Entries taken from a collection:
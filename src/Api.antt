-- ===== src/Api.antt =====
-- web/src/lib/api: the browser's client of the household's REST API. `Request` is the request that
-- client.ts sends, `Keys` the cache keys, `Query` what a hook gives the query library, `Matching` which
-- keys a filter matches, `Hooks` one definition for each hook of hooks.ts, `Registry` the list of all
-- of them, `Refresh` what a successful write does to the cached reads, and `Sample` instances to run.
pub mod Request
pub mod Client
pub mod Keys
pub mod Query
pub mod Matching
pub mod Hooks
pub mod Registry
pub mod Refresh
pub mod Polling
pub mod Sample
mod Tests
...
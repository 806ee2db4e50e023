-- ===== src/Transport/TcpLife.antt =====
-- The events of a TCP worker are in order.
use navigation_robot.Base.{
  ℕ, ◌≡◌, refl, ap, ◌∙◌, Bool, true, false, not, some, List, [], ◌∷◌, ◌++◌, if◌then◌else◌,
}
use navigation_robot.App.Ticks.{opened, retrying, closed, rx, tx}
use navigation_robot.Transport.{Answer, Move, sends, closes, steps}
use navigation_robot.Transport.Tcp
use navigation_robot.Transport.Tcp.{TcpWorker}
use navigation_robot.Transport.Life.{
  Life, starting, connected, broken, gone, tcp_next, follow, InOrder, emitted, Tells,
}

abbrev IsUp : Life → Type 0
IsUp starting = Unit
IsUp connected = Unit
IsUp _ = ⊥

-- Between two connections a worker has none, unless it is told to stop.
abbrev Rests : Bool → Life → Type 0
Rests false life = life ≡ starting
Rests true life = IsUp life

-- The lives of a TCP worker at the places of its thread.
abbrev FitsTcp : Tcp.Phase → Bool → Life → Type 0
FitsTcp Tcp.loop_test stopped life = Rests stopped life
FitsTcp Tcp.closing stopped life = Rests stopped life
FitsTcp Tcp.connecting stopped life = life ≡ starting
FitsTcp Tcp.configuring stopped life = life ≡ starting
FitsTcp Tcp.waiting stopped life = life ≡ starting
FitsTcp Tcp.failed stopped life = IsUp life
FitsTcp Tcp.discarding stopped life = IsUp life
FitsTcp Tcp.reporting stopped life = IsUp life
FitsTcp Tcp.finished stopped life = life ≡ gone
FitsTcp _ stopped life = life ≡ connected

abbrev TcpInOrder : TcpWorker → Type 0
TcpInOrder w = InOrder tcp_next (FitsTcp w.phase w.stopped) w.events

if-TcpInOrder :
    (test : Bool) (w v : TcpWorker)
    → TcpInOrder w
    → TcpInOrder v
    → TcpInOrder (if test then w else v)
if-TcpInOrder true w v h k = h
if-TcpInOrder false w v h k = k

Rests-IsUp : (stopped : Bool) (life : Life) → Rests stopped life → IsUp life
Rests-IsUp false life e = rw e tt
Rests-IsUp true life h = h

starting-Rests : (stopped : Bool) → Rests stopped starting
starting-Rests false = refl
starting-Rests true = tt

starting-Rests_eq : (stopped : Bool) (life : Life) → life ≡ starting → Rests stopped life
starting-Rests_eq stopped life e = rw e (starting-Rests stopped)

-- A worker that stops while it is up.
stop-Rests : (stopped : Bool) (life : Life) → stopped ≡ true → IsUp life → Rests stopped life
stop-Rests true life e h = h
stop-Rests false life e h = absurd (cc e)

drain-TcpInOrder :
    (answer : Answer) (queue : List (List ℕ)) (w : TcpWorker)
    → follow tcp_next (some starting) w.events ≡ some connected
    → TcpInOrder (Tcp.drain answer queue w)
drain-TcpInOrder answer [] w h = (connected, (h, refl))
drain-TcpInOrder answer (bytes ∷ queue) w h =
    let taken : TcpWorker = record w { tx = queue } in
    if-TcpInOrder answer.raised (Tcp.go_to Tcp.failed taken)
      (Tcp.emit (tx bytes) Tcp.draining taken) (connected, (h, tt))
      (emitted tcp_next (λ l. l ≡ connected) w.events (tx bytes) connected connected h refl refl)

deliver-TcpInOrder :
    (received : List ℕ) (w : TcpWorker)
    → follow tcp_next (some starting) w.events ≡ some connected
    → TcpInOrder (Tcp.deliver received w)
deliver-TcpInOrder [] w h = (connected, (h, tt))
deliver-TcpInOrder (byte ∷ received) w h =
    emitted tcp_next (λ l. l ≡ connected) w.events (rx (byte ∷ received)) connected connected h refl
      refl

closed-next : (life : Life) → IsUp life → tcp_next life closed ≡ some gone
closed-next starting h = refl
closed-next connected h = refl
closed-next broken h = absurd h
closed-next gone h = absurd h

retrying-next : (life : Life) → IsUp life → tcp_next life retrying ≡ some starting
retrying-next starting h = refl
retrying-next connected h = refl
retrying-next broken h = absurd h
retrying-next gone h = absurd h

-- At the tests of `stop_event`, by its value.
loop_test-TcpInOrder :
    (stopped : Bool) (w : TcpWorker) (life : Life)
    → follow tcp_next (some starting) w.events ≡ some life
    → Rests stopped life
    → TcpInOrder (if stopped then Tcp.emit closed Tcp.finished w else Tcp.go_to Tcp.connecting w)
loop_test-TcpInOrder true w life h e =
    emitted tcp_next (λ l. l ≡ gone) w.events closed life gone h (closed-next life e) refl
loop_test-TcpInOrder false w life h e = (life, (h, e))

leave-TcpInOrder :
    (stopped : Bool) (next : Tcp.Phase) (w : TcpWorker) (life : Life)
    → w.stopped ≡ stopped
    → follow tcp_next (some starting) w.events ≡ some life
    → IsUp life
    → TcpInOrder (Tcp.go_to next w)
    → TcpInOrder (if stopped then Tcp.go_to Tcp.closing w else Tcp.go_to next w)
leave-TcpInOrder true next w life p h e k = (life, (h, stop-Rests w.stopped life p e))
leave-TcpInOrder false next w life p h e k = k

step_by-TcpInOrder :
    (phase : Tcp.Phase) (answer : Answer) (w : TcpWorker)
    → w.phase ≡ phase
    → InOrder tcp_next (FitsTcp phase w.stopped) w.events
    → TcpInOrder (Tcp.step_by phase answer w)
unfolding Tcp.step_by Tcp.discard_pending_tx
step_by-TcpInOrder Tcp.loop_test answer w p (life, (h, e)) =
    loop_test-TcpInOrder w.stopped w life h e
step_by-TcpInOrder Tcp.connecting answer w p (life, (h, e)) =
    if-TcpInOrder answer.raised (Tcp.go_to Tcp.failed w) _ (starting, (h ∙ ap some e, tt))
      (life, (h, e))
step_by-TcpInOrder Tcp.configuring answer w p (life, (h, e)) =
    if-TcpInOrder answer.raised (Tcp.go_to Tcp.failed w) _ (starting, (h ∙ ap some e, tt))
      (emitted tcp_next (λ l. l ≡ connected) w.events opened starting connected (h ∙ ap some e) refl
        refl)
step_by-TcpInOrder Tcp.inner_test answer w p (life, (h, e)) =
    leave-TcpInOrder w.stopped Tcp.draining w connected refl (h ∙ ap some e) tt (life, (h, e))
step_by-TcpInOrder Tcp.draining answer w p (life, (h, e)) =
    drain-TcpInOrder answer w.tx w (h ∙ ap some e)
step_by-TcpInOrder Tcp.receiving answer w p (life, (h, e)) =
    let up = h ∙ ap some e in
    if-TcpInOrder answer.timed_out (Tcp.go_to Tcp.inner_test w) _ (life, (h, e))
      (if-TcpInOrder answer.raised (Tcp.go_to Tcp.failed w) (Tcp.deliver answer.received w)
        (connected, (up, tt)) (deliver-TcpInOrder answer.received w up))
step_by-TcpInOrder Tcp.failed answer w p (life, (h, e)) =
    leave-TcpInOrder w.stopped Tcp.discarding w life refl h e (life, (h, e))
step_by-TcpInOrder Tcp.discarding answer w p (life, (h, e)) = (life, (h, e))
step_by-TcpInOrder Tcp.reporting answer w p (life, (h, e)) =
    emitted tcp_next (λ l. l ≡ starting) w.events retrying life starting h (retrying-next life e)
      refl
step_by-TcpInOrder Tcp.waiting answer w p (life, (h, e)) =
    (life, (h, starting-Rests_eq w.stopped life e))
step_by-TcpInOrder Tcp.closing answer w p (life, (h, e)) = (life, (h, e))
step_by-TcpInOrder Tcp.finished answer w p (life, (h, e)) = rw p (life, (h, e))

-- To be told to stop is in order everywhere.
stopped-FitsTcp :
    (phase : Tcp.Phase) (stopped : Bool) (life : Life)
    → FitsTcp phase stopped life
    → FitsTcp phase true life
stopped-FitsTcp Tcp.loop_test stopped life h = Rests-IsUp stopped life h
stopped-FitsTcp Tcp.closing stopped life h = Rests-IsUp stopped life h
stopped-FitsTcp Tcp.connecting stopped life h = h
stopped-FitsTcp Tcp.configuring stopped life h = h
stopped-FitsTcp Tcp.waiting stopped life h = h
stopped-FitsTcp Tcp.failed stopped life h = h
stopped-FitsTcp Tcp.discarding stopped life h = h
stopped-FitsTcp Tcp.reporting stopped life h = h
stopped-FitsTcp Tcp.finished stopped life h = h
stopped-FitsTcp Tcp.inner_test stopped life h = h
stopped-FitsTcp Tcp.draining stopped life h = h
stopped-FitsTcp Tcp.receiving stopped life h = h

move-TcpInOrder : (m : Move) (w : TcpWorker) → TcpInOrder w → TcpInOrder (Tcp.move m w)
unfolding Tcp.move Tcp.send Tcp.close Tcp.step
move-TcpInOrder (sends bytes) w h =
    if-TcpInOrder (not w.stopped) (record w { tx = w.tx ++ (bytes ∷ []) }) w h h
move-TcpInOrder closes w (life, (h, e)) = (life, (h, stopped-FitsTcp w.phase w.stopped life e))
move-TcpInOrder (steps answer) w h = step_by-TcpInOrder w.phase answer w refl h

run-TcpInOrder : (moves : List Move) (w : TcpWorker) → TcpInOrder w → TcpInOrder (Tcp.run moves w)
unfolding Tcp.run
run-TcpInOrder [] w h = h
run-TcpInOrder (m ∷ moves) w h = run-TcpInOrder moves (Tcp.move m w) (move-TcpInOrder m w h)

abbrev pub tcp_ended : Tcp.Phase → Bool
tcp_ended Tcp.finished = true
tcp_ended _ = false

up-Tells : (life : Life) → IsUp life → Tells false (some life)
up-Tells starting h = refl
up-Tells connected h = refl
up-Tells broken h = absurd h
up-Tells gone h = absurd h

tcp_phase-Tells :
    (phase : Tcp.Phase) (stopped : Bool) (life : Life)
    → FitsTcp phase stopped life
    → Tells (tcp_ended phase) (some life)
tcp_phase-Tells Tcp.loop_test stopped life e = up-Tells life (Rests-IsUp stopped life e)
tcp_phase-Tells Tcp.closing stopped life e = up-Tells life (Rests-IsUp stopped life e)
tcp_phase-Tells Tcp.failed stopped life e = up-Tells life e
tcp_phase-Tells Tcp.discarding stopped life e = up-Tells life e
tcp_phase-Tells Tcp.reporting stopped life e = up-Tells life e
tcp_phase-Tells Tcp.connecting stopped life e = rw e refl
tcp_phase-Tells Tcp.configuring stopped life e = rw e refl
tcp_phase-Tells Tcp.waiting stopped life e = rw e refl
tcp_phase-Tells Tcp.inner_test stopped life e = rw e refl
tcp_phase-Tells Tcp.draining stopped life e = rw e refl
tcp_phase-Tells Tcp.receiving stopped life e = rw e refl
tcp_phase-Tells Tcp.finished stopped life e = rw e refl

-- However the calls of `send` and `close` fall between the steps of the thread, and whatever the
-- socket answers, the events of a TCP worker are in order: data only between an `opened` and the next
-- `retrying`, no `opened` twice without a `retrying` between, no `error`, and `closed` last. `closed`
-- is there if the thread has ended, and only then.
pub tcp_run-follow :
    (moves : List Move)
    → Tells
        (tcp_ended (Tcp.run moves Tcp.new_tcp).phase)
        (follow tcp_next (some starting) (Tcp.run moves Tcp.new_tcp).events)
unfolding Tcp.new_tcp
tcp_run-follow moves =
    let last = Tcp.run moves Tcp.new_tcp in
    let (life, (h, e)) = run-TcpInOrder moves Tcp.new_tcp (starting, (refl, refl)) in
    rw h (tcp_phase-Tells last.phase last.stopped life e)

> **Activity**
Using the entries above, repeat only the lines from the one containing "IsUp connected = Unit" through the one containing "Rests-IsUp : (stopped", end lines included.

> **Written response**
IsUp connected = Unit
IsUp _ = ⊥

-- Between two connections a worker has none, unless it is told to stop.
abbrev Rests : Bool → Life → Type 0
Rests false life = life ≡ starting
Rests true life = IsUp life

-- The lives of a TCP worker at the places of its thread.
abbrev FitsTcp : Tcp.Phase → Bool → Life → Type 0
FitsTcp Tcp.loop_test stopped life = Rests stopped life
FitsTcp Tcp.closing stopped life = Rests stopped life
FitsTcp Tcp.connecting stopped life = life ≡ starting
FitsTcp Tcp.configuring stopped life = life ≡ starting
FitsTcp Tcp.waiting stopped life = life ≡ starting
FitsTcp Tcp.failed stopped life = IsUp life
FitsTcp Tcp.discarding stopped life = IsUp life
FitsTcp Tcp.reporting stopped life = IsUp life
FitsTcp Tcp.finished stopped life = life ≡ gone
FitsTcp _ stopped life = life ≡ connected

abbrev TcpInOrder : TcpWorker → Type 0
TcpInOrder w = InOrder tcp_next (FitsTcp w.phase w.stopped) w.events

if-TcpInOrder :
    (test : Bool) (w v : TcpWorker)
    → TcpInOrder w
    → TcpInOrder v
    → TcpInOrder (if test then w else v)
if-TcpInOrder true w v h k = h
if-TcpInOrder false w v h k = k

Rests-IsUp : (stopped : Bool) (life : Life) → Rests stopped life → IsUp life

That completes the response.